Пассажиры ещё больше возмутились и больше не захотели со мной разговаривать, а я ни с того ни сего загрустил и всю дорогу проплакал, отвернувшись к окну.
Глава 19. Встреча и прощание
За два года наш огромный двор мало изменился. Разве что деревья чуть-чуть подросли. Впрочем, они всё равно оставались маленькими и чахлыми. Расти в окружении пятидесятиэтажных домов было делом неблагодарным: сколько ни расти, а до неба не достанешь.

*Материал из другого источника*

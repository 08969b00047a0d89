-- ===== src/Reactor/Calls/Refine.antt =====
-- The table of EpollReactor with its stubs implements the map of Reactor.Calls.Spec.
use vpn_service_android.Common.{
  ℕ, ◌≡◌, refl, ◌∙◌, ap, ap₂, subst, List, [], ◌∷◌, ◌++◌, Option, none, some, Bool, true, false,
  if◌then◌else◌, arith,
}
use vpn_service_android.Reactor.{
  Events, union, convert_event, covers, Listener, Stub, Reactor, success, refused, no_events, minus,
}
use vpn_service_android.Reactor.Table.{find, erase, store}
use vpn_service_android.Reactor.Calls.{
  modify_stub, new_stub, add_found, add_event, shrink_stub, del_listened, del_stub, del_found,
  del_event, contain_event, contain_found, contain_stub, contain_listened, stop, Call, add, del,
  stop_loop, call, calls,
}
use vpn_service_android.Reactor.Calls.Spec.{
  entry, entry_of, entry_at, put, view, spec_add_to, spec_shrink, spec_del_from, spec_call,
  spec_calls, spec_contain,
}
use vpn_service_android.Reactor.Calls.Kept.{call-Keeps}
use vpn_service_android.Reactor.Calls.Invariant.{IsReactor}
use vpn_service_android.Reactor.Calls.Views.{seen, view-store, view-retire, view-grow}

view_at_found :
    (r : Reactor) (fd a : ℕ) (s : Stub)
    → find fd r.table ≡ some a
    → r.heap a ≡ some s
    → view r fd ≡ some (entry s.events s.listener s.tag)
view_at_found r fd a s f h = rw f (rw h refl)

modify_refines :
    (r : Reactor) (o : Option Stub) (fd a : ℕ) (events : Events) (l : Option Listener) (tag : ℕ)
    (ok : Bool)
    → IsReactor r
    → find fd r.table ≡ some a
    → r.heap a ≡ o
    → seen (modify_stub o a events l tag ok r)
      ≡ spec_add_to (entry_of o) fd events l tag ok (view r)
unfolding modify_stub spec_add_to
modify_refines r none fd a events l tag ok v f h = absurd (ground (arith, v.tabled fd a f))
modify_refines r (some s) fd a events l tag ok v f h =
    let new : Stub = record s {
      events = union s.events events;
      mask = convert_event (union s.events events);
      listener = l;
      tag = tag;
    } in
    let e : s.fd ≡ fd = ground (arith, v.tabled fd a f) in
    let stored = view-store r a new v (ground arith) in
    ap₂ (λ x y. (x, y)) refl
      (stored ∙ ap (λ k. put k (some (entry new.events new.listener new.tag)) (view r)) e)

add_refines :
    (r : Reactor) (o : Option ℕ) (fd : ℕ) (events : Events) (l : Option Listener) (tag : ℕ)
    (ok : Bool)
    → IsReactor r
    → find fd r.table ≡ o
    → seen (add_found o fd events l tag ok r)
      ≡ spec_add_to (entry_at r.heap o) fd events l tag ok (view r)
unfolding add_found new_stub spec_add_to
add_refines r (some a) fd events l tag ok v f =
    modify_refines r (r.heap a) fd a events l tag ok v f refl
add_refines r none fd events l tag false v f = refl
add_refines r none fd events l tag true v f =
    ap (λ m. (success, m)) (view-grow r (new_stub fd events l tag) v f)

shrink_refines :
    (r : Reactor) (s : Stub) (l : Listener) (a : ℕ) (events : Events) (ok : Bool)
    → IsReactor r
    → find s.fd r.table ≡ some a
    → s.listener ≡ some l
    → seen (shrink_stub s a s.fd events ok r)
      ≡ spec_shrink (entry s.events s.listener s.tag) (some l) s.fd events ok (view r)
unfolding shrink_stub spec_shrink
shrink_refines r s l a events ok v f h = by_answer ok
  where
    left : Events
    left = minus s.events events

    new : Stub
    new = record s { events = left; mask = convert_event left }

    kept :
        view (record r { heap = store r.heap a (some new) })
        ≡ put s.fd (some (entry left s.listener s.tag)) (view r)
    kept = view-store r a new v f

    by_answer :
        (o : Bool)
        → seen (shrink_stub s a s.fd events o r)
          ≡ spec_shrink (entry s.events s.listener s.tag) (some l) s.fd events o (view r)
    by_answer false = ap (λ m. (refused, m)) kept
    by_answer true =
        elim (no_events left)
          as (λ b.
            seen (
              if b
              then (
                success,
                record r {
                  heap = store r.heap a (some (record new { listener = none }));
                  deleted = r.deleted ++ a ∷ [];
                  table = erase s.fd r.table;
                },
              )
              else (success, record r { heap = store r.heap a (some new) }))
            ≡ (
              success,
              if b
                  then put s.fd none (view r)
                  else put s.fd (some (entry left s.listener s.tag)) (view r),
            )) [
              | true ↦
                  ap (λ m. (success, m))
                    (view-retire r a (record new { listener = none }) (r.deleted ++ a ∷ []) v f)
              | false ↦ ap (λ m. (success, m)) kept
            ]

del_refines :
    (r : Reactor) (o : Option ℕ) (fd : ℕ) (events : Events) (ok : Bool)
    → IsReactor r
    → find fd r.table ≡ o
    → seen (del_found o fd events ok r) ≡ spec_del_from (entry_at r.heap o) fd events ok (view r)
unfolding del_found del_stub del_listened spec_del_from spec_shrink
del_refines r none fd events ok v f = refl
del_refines r (some a) fd events ok v f = stub_at (r.heap a) refl
  where
    listened :
        (s : Stub) (l : Option Listener)
        → r.heap a ≡ some s
        → s.listener ≡ l
        → seen (del_listened l s a fd events ok r)
          ≡ spec_shrink (entry s.events s.listener s.tag) l fd events ok (view r)
    listened s none h n = refl
    listened s (some l) h n =
        let e : s.fd ≡ fd = ground (arith, v.tabled fd a f) in
        subst
          (λ k.
            seen (shrink_stub s a k events ok r)
            ≡ spec_shrink (entry s.events s.listener s.tag) (some l) k events ok (view r))
          e (shrink_refines r s l a events ok v (ground arith) n)

    stub_at :
        (o : Option Stub)
        → r.heap a ≡ o
        → seen (del_stub o a fd events ok r) ≡ spec_del_from (entry_of o) fd events ok (view r)
    stub_at none h = absurd (ground (arith, v.tabled fd a f))
    stub_at (some s) h = listened s s.listener h refl

pub call_refines :
    (c : Call) (r : Reactor)
    → IsReactor r
    → r.has_epoll ≡ true
    → seen (call c r) ≡ spec_call c (view r)
unfolding call add_event del_event stop spec_call
call_refines (add none events l tag ok) r v h = refl
call_refines (add (some fd) events l tag ok) r v h =
    ap (λ b. seen (if b then add_found (find fd r.table) fd events l tag ok r else (refused, r))) h
    ∙ add_refines r (find fd r.table) fd events l tag ok v refl
call_refines (del fd events ok) r v h =
    ap (λ b. seen (if b then del_found (find fd r.table) fd events ok r else (refused, r))) h
    ∙ del_refines r (find fd r.table) fd events ok v refl
call_refines (stop_loop false) r v h = refl
call_refines (stop_loop true) r v h = refl

-- From a reactor with an epoll descriptor whose stubs are in order, any row of addEvent, delEvent and
-- stop returns what the map of entries returns, and leaves its stubs holding what that map holds.
pub calls_refine :
    (cs : List Call) (r : Reactor)
    → IsReactor r
    → r.has_epoll ≡ true
    → ((calls cs r).0, view (calls cs r).1) ≡ spec_calls cs (view r)
unfolding calls spec_calls
calls_refine [] r v h = refl
calls_refine (c ∷ cs) r v h =
    let one = call-Keeps c r v in
    let first = call_refines c r v h in
    let rest = calls_refine cs (call c r).1 one.valid (one.has_epoll ∙ h) in
    ap₂ (λ x p. (x ∷ p.0, p.1)) (ap (λ p. p.0) first) (rest ∙ ap (λ p. spec_calls cs p.1) first)

-- From such a reactor containEvent answers what the map answers: whether a handler is there and the
-- events kept for the descriptor, as epoll knows them, cover those asked for.
pub contain_event_refines :
    (r : Reactor) (fd : ℕ) (events : Events)
    → IsReactor r
    → r.has_epoll ≡ true
    → contain_event fd events r ≡ spec_contain (view r fd) events
unfolding contain_event contain_found contain_stub contain_listened
contain_event_refines r fd events v h =
    ap (λ b. if b then contain_found (find fd r.table) events r else false) h
    ∙ at_place (find fd r.table) refl
  where
    at_listener :
        (s : Stub) (l : Option Listener)
        → s.mask ≡ convert_event s.events
        → contain_listened l s events ≡ spec_contain (some (entry s.events l s.tag)) events
    at_listener s none m = refl
    at_listener s (some l) m = ap (λ k. covers k (convert_event events)) m

    at_stub :
        (a : ℕ) (o : Option Stub)
        → r.heap a ≡ o
        → contain_stub o events ≡ spec_contain (entry_of o) events
    at_stub a none e = refl
    at_stub a (some s) e = at_listener s s.listener (v.owned a s e).0

    at_place :
        (o : Option ℕ)
        → find fd r.table ≡ o
        → contain_found o events r ≡ spec_contain (entry_at r.heap o) events
    at_place none e = refl
    at_place (some a) e = at_stub a (r.heap a) refl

Лифт мягко вознёс меня на мой тридцать первый этаж. Выйдя из лифта, я подошёл к двери квартиры и посмотрел в глазок. Сканер признал меня за своего и впустил без звонка. Я тихо вошёл, запер за собою дверь и огляделся.
Наша квартира никогда не отличалась порядком, но после той школы аккуратности, что преподал нам незабвенный Эстонец, беспорядок показался мне просто вопиющим. В прихожей, к тому же, стояли какие-то чемоданы, баулы и тюки, словно кто-то собирался переезжать. Из гостиной доносились голоса: папин, мамин и ещё чей-то, похоже, официальный.
— Итак, господа Арсеньевы, что заставило вас принять решение о разводе? Господин Арсеньев?
— Моя жена, — заговорил папа, — не может обеспечить мне детей достаточно высокого качества.
— Госпожа Арсеньева?
— Мой муж, — сказала мама, — сломал мне всю жизнь.
— У вас есть общий ребёнок? — спросил официальный голос. — Где он сейчас?
— Он в интернате для не особо одарённых.
— В таком случае, его мнения мы можем не спрашивать. Что ж, причины для развода вполне веские. И я, властью, данной мне законом, объявляю ваш брак недействи…
— Стойте, — крикнул я, влетая в комнату. Теперь я понял, куда меня так торопила Надежда.
Официальное лицо на экране стереовизора удивлённо выпучило глаза.